--- Available records Enclosed Below ---

-- ===== src/Drill/Finalize.antt =====
-- `finalize` of pkg/drill/drill.go: the verdict, the evidence with its signatures, the sinks.
use fire_drill.Base.{
  ok, ℤ, Bool, true, List, [], ◌∷◌, Option, some, String, ◌==◌, ◌!=◌, string_eq, if◌then◌else◌,
}
use fire_drill.Spec.Document.{Drill, Sink}
use fire_drill.Report.Evidence.{Evidence}
use fire_drill.Drill.World.{
  World, Options, Event, Stop, RunError, writing, key_dir_error, loading_key, signing, attesting,
  html_error, written, signed, attested, rendered, notified, exported,
}
use fire_drill.Drill.Steps.{Step, ◌>>=◌, ◌>>◌, pure, emit, attempt}
use fire_drill.Drill.Verdict.{verdict}

-- An error after the evidence exists returns it, with the path if it was written.
abbrev keep : Evidence → String → (String → RunError) → String → Stop
keep e path wrap msg = record { evidence = some e; path = path; error = wrap msg }

unfoldable pub sign_evidence : World → Options → Evidence → String → Step (Unit {0})
sign_evidence w opts e path = do
  dir ←
      if opts.key_dir == ""
      then attempt w.default_key_dir (keep e path key_dir_error)
      else pure opts.key_dir
  key ← attempt (w.load_key dir) (keep e path loading_key)
  sig ← attempt (w.sign path key) (keep e path signing)
  emit (signed sig)
  att ← attempt (w.attest path key) (keep e path attesting)
  emit (attested att)

unfoldable pub render_html : World → Evidence → String → Step (Unit {0})
render_html w e path = do
  html ← attempt (w.write_html e path) (keep e path html_error)
  emit (rendered html)

-- The loop over the sinks: the notifications, whose errors are warnings, and the sinks left for the
-- metrics.
abbrev is_notify : Sink → Bool
is_notify s = if s.type == "slack" then true else s.type == "webhook"

unfoldable pub notify_events : List Sink → List Event
notify_events [] = []
notify_events (s ∷ ss) = if is_notify s then notified s ∷ notify_events ss else notify_events ss

unfoldable pub metric_sinks : List Sink → List Sink
metric_sinks [] = []
metric_sinks (s ∷ ss) = if is_notify s then metric_sinks ss else s ∷ metric_sinks ss

abbrev pub emit_all : List Event → Step (Unit {0})
emit_all events = record { outcome = ok tt; events = events }

unfoldable pub finalize :
    World → Drill → Options → Evidence → Option String → ℤ → ℤ → Step (Evidence × String)
finalize w d opts e0 restore_err restore_dur backup_age =
    let judged = verdict d.spec.objectives restore_err restore_dur backup_age e0 in
    let e = record judged { finished_at = w.finished_at } in
    let dir = if opts.evidence_dir != "" then opts.evidence_dir else d.spec.report.dir in
    do
      path ← attempt (w.write dir e) (keep e "" writing)
      emit (written path e)
      if d.spec.report.sign then sign_evidence w opts e path else pure tt
      if d.spec.report.html then render_html w e path else pure tt
      emit_all (notify_events d.spec.report.sinks)
      emit (exported (metric_sinks d.spec.report.sinks))
      pure (e, path)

--- End of Enclosed Available records ---

» What this task involves:
Go through the data and copy each line exactly as it was written.

» Completed task:
-- ===== src/Drill/Finalize.antt =====
-- `finalize` of pkg/drill/drill.go: the verdict, the evidence with its signatures, the sinks.
use fire_drill.Base.{
  ok, ℤ, Bool, true, List, [], ◌∷◌, Option, some, String, ◌==◌, ◌!=◌, string_eq, if◌then◌else◌,
}
use fire_drill.Spec.Document.{Drill, Sink}
use fire_drill.Report.Evidence.{Evidence}
use fire_drill.Drill.World.{
  World, Options, Event, Stop, RunError, writing, key_dir_error, loading_key, signing, attesting,
  html_error, written, signed, attested, rendered, notified, exported,
}
use fire_drill.Drill.Steps.{Step, ◌>>=◌, ◌>>◌, pure, emit, attempt}
use fire_drill.Drill.Verdict.{verdict}

-- An error after the evidence exists returns it, with the path if it was written.
abbrev keep : Evidence → String → (String → RunError) → String → Stop
keep e path wrap msg = record { evidence = some e; path = path; error = wrap msg }

unfoldable pub sign_evidence : World → Options → Evidence → String → Step (Unit {0})
sign_evidence w opts e path = do
  dir ←
      if opts.key_dir == ""
      then attempt w.default_key_dir (keep e path key_dir_error)
      else pure opts.key_dir
  key ← attempt (w.load_key dir) (keep e path loading_key)
  sig ← attempt (w.sign path key) (keep e path signing)
  emit (signed sig)
  att ← attempt (w.attest path key) (keep e path attesting)
  emit (attested att)

unfoldable pub render_html : World → Evidence → String → Step (Unit {0})
render_html w e path = do
  html ← attempt (w.write_html e path) (keep e path html_error)
  emit (rendered html)

-- The loop over the sinks: the notifications, whose errors are warnings, and the sinks left for the
-- metrics.
abbrev is_notify : Sink → Bool
is_notify s = if s.type == "slack" then true else s.type == "webhook"

unfoldable pub notify_events : List Sink → List Event
notify_events [] = []
notify_events (s ∷ ss) = if is_notify s then notified s ∷ notify_events ss else notify_events ss

unfoldable pub metric_sinks : List Sink → List Sink
metric_sinks [] = []
metric_sinks (s ∷ ss) = if is_notify s then metric_sinks ss else s ∷ metric_sinks ss

abbrev pub emit_all : List Event → Step (Unit {0})
emit_all events = record { outcome = ok tt; events = events }

unfoldable pub finalize :
    World → Drill → Options → Evidence → Option String → ℤ → ℤ → Step (Evidence × String)
finalize w d opts e0 restore_err restore_dur backup_age =
    let judged = verdict d.spec.objectives restore_err restore_dur backup_age e0 in
    let e = record judged { finished_at = w.finished_at } in
    let dir = if opts.evidence_dir != "" then opts.evidence_dir else d.spec.report.dir in
    do
      path ← attempt (w.write dir e) (keep e "" writing)
      emit (written path e)
      if d.spec.report.sign then sign_evidence w opts e path else pure tt
      if d.spec.report.html then render_html w e path else pure tt
      emit_all (notify_events d.spec.report.sinks)
      emit (exported (metric_sinks d.spec.report.sinks))
      pure (e, path)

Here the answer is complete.